Y también es verdad, cuando Di-s dice, “Yo soy conocido según Mis hechos”.
Algunos lo conocerán como un Di-s que premia, otros como un Di-s que castiga,
Quién proporciona, Quién ahorra, Quién ilumina, Quién inspira, y así
sucesivamente.
Al
principio, Di-s Se reveló como el creador, maestro, rey- todos papeles muy
impersonales. En la Halajá (la ley de Torá) Di-s revela Sus leyes, pero no
permite mostrar Sus “sentimientos personales”. Después, en la Cabalá, Di-s
se hace vulnerable; Él comparte detalles íntimos. Él se humaniza en una
relación bi -direccional. Así que el que se dedica a la Halajá tiene gran
respeto por la sabiduría de los Preceptos, mientras el místico ve a Di-s
tomarse las mitzvot como algo personal. Cuando Di-s dice, “no destruyas los árboles
de fruta” si fuéramos sensibles no sólo oiríamos un mandato, sino veríamos
algo sobre Di-s. La Cabalá revela ese algo. Las Halajot son los detalles; la
Cabalá lee entre las líneas.
La
Cabalá nos da una perspectiva muy diferente de la conducta “antropomórfica”

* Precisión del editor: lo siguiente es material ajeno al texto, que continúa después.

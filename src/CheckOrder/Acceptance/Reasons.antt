-- ===== src/CheckOrder/Acceptance/Reasons.antt =====
-- The rules of a new guard as a table: the breach, the check and the reason of each, in the order of the
-- chain.
use kite_mcp_riskguard.Prelude.{◌≡◌, refl, true, false, List, [], ◌∷◌, String, arith, map}
use kite_mcp_riskguard.Env.{Env}
use kite_mcp_riskguard.Model.{CheckResult, OrderCheckRequest, State, Reading}
use kite_mcp_riskguard.Lifecycle.{is_frozen}
use kite_mcp_riskguard.Checks.BandLaws.{IsInt64, IsOutsideBand, check_otr_band-returns}
use kite_mcp_riskguard.Checks.HoursLaws.{hours-allowed_iff}
use kite_mcp_riskguard.Chain.{Check, result}
use kite_mcp_riskguard.Builtin.{
  builtin_checks, kill_switch_check, confirmation_required_check, order_value_check, margin_check,
  circuit_limit_check, quantity_limit_check, daily_order_count_check, per_second_rate_check,
  rate_limit_check, client_order_id_dup_check, duplicate_order_check, daily_value_check,
  otr_band_check, anomaly_multiplier_check, off_hours_check, market_hours_check,
}
use kite_mcp_riskguard.CheckOrder.Acceptance.{
  lowered, IsUnconfirmed, IsTooLarge, IsUnfunded, IsOutsideCircuit, IsOverFreezeQuantity, IsDayFull,
  IsSecondFull, IsMinuteFull, IsKeyReused, IsRepeated, IsDayValueFull, IsAnomalous, IsInOffHours,
  IsMarketClosed,
}
use kite_mcp_riskguard.CheckOrder.Acceptance.Rules.{
  Rejects, kill_switch-Rejects, confirmation-Rejects, order_value-Rejects, margin-Rejects,
  circuit-Rejects, quantity-Rejects, anomaly-Rejects, per_second-Rejects, rate_limit-Rejects,
  client_order_id-Rejects, duplicate_order-Rejects, daily_order_count-Rejects, daily_value-Rejects,
  market_hours-Rejects,
}
use kite_mcp_riskguard.CheckOrder.Acceptance.Given.{
  anomaly-Gives, circuit-Gives, client_order_id-Gives, confirmation-Gives, daily_order_count-Gives,
  daily_value-Gives, duplicate_order-Gives, kill_switch-Gives, margin-Gives, market_hours-Gives,
  off_hours-Gives, order_value-Gives, otr_band-Gives, per_second-Gives, quantity-Gives,
  rate_limit-Gives,
}

pub data Rule : Type 0 where
  kill_switch confirmation order_value margin circuit freeze_quantity : Rule
  day second minute key repeated day_value band anomaly off_hours session : Rule

abbrev pub rules : List Rule
rules =
    kill_switch ∷ confirmation ∷ order_value ∷ margin ∷ circuit ∷ freeze_quantity ∷ day ∷ second
    ∷ minute ∷ key ∷ repeated ∷ day_value ∷ band ∷ anomaly ∷ off_hours ∷ session ∷ []

-- The reason that a user is given.
abbrev pub reason_of : Rule → String
reason_of kill_switch = "trading_frozen"
reason_of confirmation = "confirmation_required"
reason_of order_value = "order_value_limit"
reason_of margin = "insufficient_margin"
reason_of circuit = "circuit_breached"
reason_of freeze_quantity = "quantity_limit"
reason_of day = "daily_order_limit"
reason_of second = "per_second_rate_exceeded"
reason_of minute = "rate_limit"
reason_of key = "duplicate_order"
reason_of repeated = "duplicate_order"
reason_of day_value = "daily_value_limit"
reason_of band = "otr_band_violation"
reason_of anomaly = "anomaly_high"
reason_of off_hours = "off_hours_blocked"
reason_of session = "market_closed"

module _ (E : Env) where
  abbrev pub check_of : Rule → Check E
  check_of kill_switch = kill_switch_check E
  check_of confirmation = confirmation_required_check E
  check_of order_value = order_value_check E
  check_of margin = margin_check E
  check_of circuit = circuit_limit_check E
  check_of freeze_quantity = quantity_limit_check E
  check_of day = daily_order_count_check E
  check_of second = per_second_rate_check E
  check_of minute = rate_limit_check E
  check_of key = client_order_id_dup_check E
  check_of repeated = duplicate_order_check E
  check_of day_value = daily_value_check E
  check_of band = otr_band_check E
  check_of anomaly = anomaly_multiplier_check E
  check_of off_hours = off_hours_check E
  check_of session = market_hours_check E

  pub map-check_of : map check_of rules ≡ builtin_checks E
  map-check_of = refl

  module _ (req : OrderCheckRequest E) where
    abbrev pub IsBreached : Rule → Reading → State E → Type 0
    IsBreached kill_switch now st = is_frozen E req.email st ≡ true
    IsBreached confirmation now st = IsUnconfirmed E req st
    IsBreached order_value now st = IsTooLarge E req st
    IsBreached margin now st = IsUnfunded E req st
    IsBreached circuit now st = IsOutsideCircuit E req st
    IsBreached freeze_quantity now st = IsOverFreezeQuantity E req st
    IsBreached day now st = IsDayFull E req now st
    IsBreached second now st = IsSecondFull E req now st
    IsBreached minute now st = IsMinuteFull E req now st
    IsBreached key now st = IsKeyReused E req now st
    IsBreached repeated now st = IsRepeated E req now st
    IsBreached day_value now st = IsDayValueFull E req now st
    IsBreached band now st = IsOutsideBand E req st
    IsBreached anomaly now st = IsAnomalous E req st
    IsBreached off_hours now st = IsInOffHours E req now st
    IsBreached session now st = IsMarketClosed E req now

    -- The check of the rule answers, rejects exactly the breach, and gives the rule's reason.
    abbrev pub Decides : Rule → Reading → State E → Type 0
    Decides x now st =
        (r : CheckResult) × (((check_of x).evaluate req now st).0 ≡ result r)
        × Rejects r (IsBreached x now st)
        × (r.allowed ≡ false → r.reason ≡ reason_of x)

    module _ (tz : E.tzdata ≡ true) (truncates : (x : E.Float) → IsInt64 (E.truncate x))
        (now : Reading) (st : State E) where
      pub rule-Decides : (x : Rule) → Decides x now st
      rule-Decides kill_switch =
          (_, refl, kill_switch-Rejects E req st, kill_switch-Gives E req (lowered E req) now st)
      rule-Decides confirmation =
          (_, refl, confirmation-Rejects E req st, confirmation-Gives E req (lowered E req) now st)
      rule-Decides order_value =
          (_, refl, order_value-Rejects E req st, order_value-Gives E req (lowered E req) now st)
      rule-Decides margin =
          (_, refl, margin-Rejects E req st, margin-Gives E req (lowered E req) now st)
      rule-Decides circuit =
          (_, refl, circuit-Rejects E req st, circuit-Gives E req (lowered E req) now st)
      rule-Decides freeze_quantity =
          (_, refl, quantity-Rejects E req st, quantity-Gives E req (lowered E req) now st)
      rule-Decides day =
          let (r, st', e, rejects) = daily_order_count-Rejects E req now st tz in
          (
            r,
            ground (arith, e),
            rejects,
            daily_order_count-Gives E req (lowered E req) now st r st' e,
          )
      rule-Decides second =
          (_, refl, per_second-Rejects E req now st, per_second-Gives E req (lowered E req) now st)
      rule-Decides minute =
          (_, refl, rate_limit-Rejects E req now st, rate_limit-Gives E req (lowered E req) now st)
      rule-Decides key = (
        _,
        refl,
        client_order_id-Rejects E req now st,
        client_order_id-Gives E req (lowered E req) now st,
      )
      rule-Decides repeated = (
        _,
        refl,
        duplicate_order-Rejects E req now st,
        duplicate_order-Gives E req (lowered E req) now st,
      )
      rule-Decides day_value =
          let (r, st', e, rejects) = daily_value-Rejects E req now st tz in
          (r, ground (arith, e), rejects, daily_value-Gives E req (lowered E req) now st r st' e)
      rule-Decides band =
          let (r, e, rejects) = check_otr_band-returns E truncates req st in
          (r, ground (arith, e), rejects, otr_band-Gives E req (lowered E req) now st r e)
      rule-Decides anomaly =
          (_, refl, anomaly-Rejects E req st, anomaly-Gives E req (lowered E req) now st)
      rule-Decides off_hours = (
        _,
        refl,
        (hours-allowed_iff E req now st tz).1,
        off_hours-Gives E req (lowered E req) now st,
      )
      rule-Decides session = (
        _,
        refl,
        market_hours-Rejects E req now st tz,
        market_hours-Gives E req (lowered E req) now st,
      )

de Di-s. Nos recuerda que la Torá viene a enseñarnos sobre Di-s, y que las
expresiones como “Di-s habló,” “la mano de Di-s” “el enojo de Di-s”
necesitan ser consideradas desde la perspectiva de la Torá o de Di-s. Nosotros
no somos el punto de referencia para la conducta de Di-s; Di-s debe servir como
una referencia para nuestra conducta. Él creó el mundo. El discurso, la mano,
el enojo, los celos- son todas Sus creaciones, éstos son todos derechos
Divinos. Nuestro discurso, nuestra mano, nuestro enojo, nuestros celos- son sólo
metáforas para lo real, no al revés. Cuando nosotros leemos que: “Di-s
levanta Su mano” y raja el mar, necesitamos medir nuestra propia mano contra
eso. Cuando nosotros la levantamos, ¿qué pasa? Nada. Aprendemos entonces, que
nosotros realmente no somos tan poderosos como Di-s. Cuando leemos que Di-s se
enfada y castiga porque Él creó un mundo con un propósito Divino, y ese propósito
es frustrado, nosotros debemos medir nuestro propio enojo contra eso. ¿Qué
hemos creado? Nada. Por consiguiente, no podemos enfadarnos ni castigar como
Di-s hace. Considerar el enojo de Di-s y otros atributos de esta manera nos trae
a un humilde reconocimiento. Sólo cuando nuestro enojo o celos son una expresión
de indignación moral, reflejan de verdad, calidades Divinas. Sólo entonces,
podemos ejercer tales expresiones. Cualquier verdad que hay en nosotros, es en
extensión lo que nosotros encarnamos de lo que Él nos dice sobre Sí.